Dataset entries

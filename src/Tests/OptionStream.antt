-- ===== src/Tests/OptionStream.antt =====
-- The stream of options, run and applied.
use swishxx.Common.{
  ℕ, ◌≡◌, ◌↔◌, refl, arith, ◌<◌, List, [], ◌∷◌, ◌++◌, none, some, true, codes, All, map,
}
use swishxx.OptionStream.Specs.{
  Spec, arg_none, arg_opt, arg_req, no_names, arg_lone, short_names, Stream, initial,
  check_mutually_exclusive,
}
use swishxx.OptionStream.{extract, match_long, many_found}
use swishxx.OptionStream.Lookup.{candidates, choice, match_long-candidates}
use swishxx.OptionStream.Checks.{Respects, check_mutually_exclusive_iff}
use swishxx.OptionStream.Sound.{remaining, IsSound, extract-IsSound}
use swishxx.OptionStream.Loop.{read_options, IsFinished, read_options-IsFinished}
use swishxx.OptionStream.RoundTrip.{Item, short, long, print, read_options-print}

abbrev help : Spec
help = record {
  long_name = codes "help";
  arg_type = arg_none;
  short_name = b'h';
  me_short_names = arg_lone;
  req_short_names = [];
}

abbrev verbose : Spec
verbose = record {
  long_name = codes "verbose";
  arg_type = arg_opt;
  short_name = b'v';
  me_short_names = no_names;
  req_short_names = b'f' ∷ [];
}

abbrev file : Spec
file = record {
  long_name = codes "file";
  arg_type = arg_req;
  short_name = b'f';
  me_short_names = short_names (b'h' ∷ []);
  req_short_names = [];
}

abbrev table : List Spec
table = help ∷ verbose ∷ file ∷ []

-- Two names that start with a third one hide it.
third_is_ambiguous :
    match_long
      (record file { long_name = codes "filename" }
        ∷ record file { long_name = codes "files" }
        ∷ file
        ∷ [])
      (codes "file")
      none
    ≡ many_found
unfolding match_long
third_is_ambiguous = refl

match_long-candidates_example :
    match_long table (codes "ver") none ≡ choice (codes "ver") (candidates (codes "ver") table)
match_long-candidates_example = match_long-candidates table (codes "ver")

check_mutually_exclusive_iff_example :
    (check_mutually_exclusive table table (b'f' ∷ b'h' ∷ []) ≡ none)
    ↔ All (Respects table (b'f' ∷ b'h' ∷ [])) table
check_mutually_exclusive_iff_example = check_mutually_exclusive_iff table table (b'f' ∷ b'h' ∷ [])

abbrev line : List (List ℕ)
line = codes "--file=x" ∷ codes "-v" ∷ codes "-h" ∷ []

extract-IsSound_example :
    IsSound table
      (remaining (initial line))
      []
      (extract table (initial line)).0
      (extract table (initial line)).1
unfolding initial
extract-IsSound_example = extract-IsSound table (initial line)

read_options-IsFinished_example : IsFinished table (read_options 100 table (initial line))
unfolding remaining initial
read_options-IsFinished_example = read_options-IsFinished 100 table (initial line) few
  where
    few : remaining (initial line) < 100
    few = omega arith

abbrev given : List Item
given =
    record { form = long; spec = file; arg = some (codes "x") }
    ∷ record { form = short; spec = verbose; arg = some (codes "2") }
    ∷ []

read_options-print_example :
    (os : Stream) × ((read_options 3 table (initial (map print given ++ (codes "operand" ∷ [])))
        ≡ some (map (λ i. (i.spec.short_name, i.arg)) given, os))
      × ((os.argi ≡ 3) × (os.eof ≡ true)))
unfolding match_long
read_options-print_example =
    read_options-print 3 table given (codes "operand" ∷ [])
      (((refl, (refl, omega arith)), tt), (((refl, refl), tt), tt)) refl (omega arith)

What to work on: Give the entries once more, exactly as they appear.

Task answer:
filename src/Tests/OptionStream.antt
-- ===== src/Tests/OptionStream.antt =====
-- The stream of options, run and applied.
use swishxx.Common.{
  ℕ, ◌≡◌, ◌↔◌, refl, arith, ◌<◌, List, [], ◌∷◌, ◌++◌, none, some, true, codes, All, map,
}
use swishxx.OptionStream.Specs.{
  Spec, arg_none, arg_opt, arg_req, no_names, arg_lone, short_names, Stream, initial,
  check_mutually_exclusive,
}
use swishxx.OptionStream.{extract, match_long, many_found}
use swishxx.OptionStream.Lookup.{candidates, choice, match_long-candidates}
use swishxx.OptionStream.Checks.{Respects, check_mutually_exclusive_iff}
use swishxx.OptionStream.Sound.{remaining, IsSound, extract-IsSound}
use swishxx.OptionStream.Loop.{read_options, IsFinished, read_options-IsFinished}
use swishxx.OptionStream.RoundTrip.{Item, short, long, print, read_options-print}

abbrev help : Spec
help = record {
  long_name = codes "help";
  arg_type = arg_none;
  short_name = b'h';
  me_short_names = arg_lone;
  req_short_names = [];
}

abbrev verbose : Spec
verbose = record {
  long_name = codes "verbose";
  arg_type = arg_opt;
  short_name = b'v';
  me_short_names = no_names;
  req_short_names = b'f' ∷ [];
}

abbrev file : Spec
file = record {
  long_name = codes "file";
  arg_type = arg_req;
  short_name = b'f';
  me_short_names = short_names (b'h' ∷ []);
  req_short_names = [];
}

abbrev table : List Spec
table = help ∷ verbose ∷ file ∷ []

-- Two names that start with a third one hide it.
third_is_ambiguous :
    match_long
      (record file { long_name = codes "filename" }
        ∷ record file { long_name = codes "files" }
        ∷ file
        ∷ [])
      (codes "file")
      none
    ≡ many_found
unfolding match_long
third_is_ambiguous = refl

match_long-candidates_example :
    match_long table (codes "ver") none ≡ choice (codes "ver") (candidates (codes "ver") table)
match_long-candidates_example = match_long-candidates table (codes "ver")

check_mutually_exclusive_iff_example :
    (check_mutually_exclusive table table (b'f' ∷ b'h' ∷ []) ≡ none)
    ↔ All (Respects table (b'f' ∷ b'h' ∷ [])) table
check_mutually_exclusive_iff_example = check_mutually_exclusive_iff table table (b'f' ∷ b'h' ∷ [])

abbrev line : List (List ℕ)
line = codes "--file=x" ∷ codes "-v" ∷ codes "-h" ∷ []

extract-IsSound_example :
    IsSound table
      (remaining (initial line))
      []
      (extract table (initial line)).0
      (extract table (initial line)).1
unfolding initial
extract-IsSound_example = extract-IsSound table (initial line)

read_options-IsFinished_example : IsFinished table (read_options 100 table (initial line))
unfolding remaining initial
read_options-IsFinished_example = read_options-IsFinished 100 table (initial line) few
  where
    few : remaining (initial line) < 100
    few = omega arith

abbrev given : List Item
given =
    record { form = long; spec = file; arg = some (codes "x") }
    ∷ record { form = short; spec = verbose; arg = some (codes "2") }
    ∷ []

read_options-print_example :
    (os : Stream) × ((read_options 3 table (initial (map print given ++ (codes "operand" ∷ [])))
        ≡ some (map (λ i. (i.spec.short_name, i.arg)) given, os))
      × ((os.argi ≡ 3) × (os.eof ≡ true)))
unfolding match_long
read_options-print_example =
    read_options-print 3 table given (codes "operand" ∷ [])
      (((refl, (refl, omega arith)), tt), (((refl, refl), tt), tt)) refl (omega arith)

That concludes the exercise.